### [How to complete this task]
Copy each line of the entries that includes the word "Bool".

..............................

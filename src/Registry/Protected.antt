-- ===== src/Registry/Protected.antt =====
-- src/waitd.py, `save`, and the identifiers that loops wait for.
use wait_skill.Prelude.{
  ◌≡◌, refl, false, ap, sym, ◌∙◌, true, ◌||◌, String, List, [], ◌∷◌, ◌++◌, ◌==◌, ℕ, ok, elem, arith,
  inl, inr, Bool-cases, eq_refl,
}
use wait_skill.Registry.State.{Watcher, ids, save, surplus, is_kept, submit, active, put}
use wait_skill.Registry.Sorting.{IsIn-select}
use wait_skill.Registry.Pruning.{elem-ids, ids-elem, surplus-is_finished}

module _ (protected : List String) (id : String) (waits : elem id protected ≡ true) where
  surplus-protected : (watchers : List Watcher) → elem id (ids (surplus protected watchers)) ≡ false
  surplus-protected watchers = elim (Bool-cases (elem id (ids (surplus protected watchers)))) [
    | inl gone ↦
        let (w, there, same) = ids-elem id (surplus protected watchers) gone in
        let (known, done) = surplus-is_finished protected watchers w there in
        let own = ap (λ x. elem x protected) same ∙ waits in ground (arith, done, own)
    | inr stays ↦ stays
  ]

  -- An identifier that a loop waits for stays in the registry when it is saved.
  pub save-protected :
      (watchers : List Watcher)
      → elem id (ids watchers) ≡ true
      → elem id (ids (save protected watchers)) ≡ true
  unfolding save
  save-protected watchers known =
      let (w, there, same) = ids-elem id watchers known in
      let stays =
        ap (λ x. elem x (ids (surplus protected watchers))) same ∙ surplus-protected watchers in
      let kept =
        IsIn-select (is_kept (surplus protected watchers)) w watchers there
          (ground (arith, stays)) in
      ap (λ x. elem x (ids (save protected watchers))) (sym same)
      ∙ elem-ids w (save protected watchers) kept

pub ids-append :
    (id : String) (watchers : List Watcher) (w : Watcher)
    → elem id (ids (watchers ++ w ∷ [])) ≡ (elem id (ids watchers) || w.watch_id == id)
unfolding elem
ids-append id [] w = ground arith
ids-append id (x ∷ watchers) w = ground (arith, ids-append id watchers w)

put-new :
    (w : Watcher) (xs : List Watcher) → elem w.watch_id (ids xs) ≡ false → put w xs ≡ xs ++ w ∷ []
unfolding elem
put-new w [] h = refl
put-new w (x ∷ xs) h =
    let first : (x.watch_id == w.watch_id) ≡ false = ground (arith, h) in
    rw first (ap (x ∷◌) (put-new w xs (ground (arith, h))))

-- A submission that succeeds has a new identifier, and its record is the last one.
pub submit-is_new :
    (protected : List String) (now : ℕ) (id : String) (watchers behind : List Watcher)
    → submit protected now id watchers ≡ ok behind
    → (elem id (ids watchers) ≡ false)
      × (behind
          ≡ save protected
              (watchers ++ record { watch_id = id; state = active; updated_at = now } ∷ []))
unfolding submit
submit-is_new protected now id watchers behind done =
    let fresh : elem id (ids watchers) ≡ false = ground (arith, done) in
    let w : Watcher = record { watch_id = id; state = active; updated_at = now } in
    let saved : behind ≡ save protected (put w watchers) = ground (arith, done) in
    (fresh, saved ∙ ap (save protected) (put-new w watchers fresh))

module _ (protected : List String) (id other : String) (now : ℕ) (watchers behind : List Watcher)
    (waits : elem id protected ≡ true)
    (done : submit protected now other watchers ≡ ok behind) where
  abbrev grown : List Watcher
  grown = watchers ++ record { watch_id = other; state = active; updated_at = now } ∷ []

  behind-save : behind ≡ save protected grown
  behind-save = (submit-is_new protected now other watchers behind done).1

  pub submit-protected : elem id (ids grown) ≡ true → elem id (ids behind) ≡ true
  submit-protected known =
      ap (λ xs. elem id (ids xs)) behind-save ∙ save-protected protected id waits grown known

pub submit-keeps :
    (protected : List String) (id other : String) (now : ℕ) (watchers behind : List Watcher)
    → elem id protected ≡ true
    → submit protected now other watchers ≡ ok behind
    → elem id (ids watchers) ≡ true
    → elem id (ids behind) ≡ true
submit-keeps protected id other now watchers behind waits done known =
    submit-protected protected id other now watchers behind waits done
      (ids-append id watchers _ ∙ ground (arith, known))

pub submit-own :
    (protected : List String) (id : String) (now : ℕ) (watchers behind : List Watcher)
    → elem id protected ≡ true
    → submit protected now id watchers ≡ ok behind
    → elem id (ids behind) ≡ true
submit-own protected id now watchers behind waits done =
    submit-protected protected id id now watchers behind waits done
      (ids-append id watchers _ ∙ ground (arith, eq_refl id))

pub submit-new :
    (protected : List String) (id : String) (now : ℕ) (watchers : List Watcher)
    → elem id (ids watchers) ≡ false
    → (behind : List Watcher) × (submit protected now id watchers ≡ ok behind)
unfolding submit
submit-new protected id now watchers new = (
  save protected (put (record { watch_id = id; state = active; updated_at = now }) watchers),
  ground (arith, new),
)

..............................

### [Exercise output]
  inl, inr, Bool-cases, eq_refl,
  surplus-protected watchers = elim (Bool-cases (elem id (ids (surplus protected watchers)))) [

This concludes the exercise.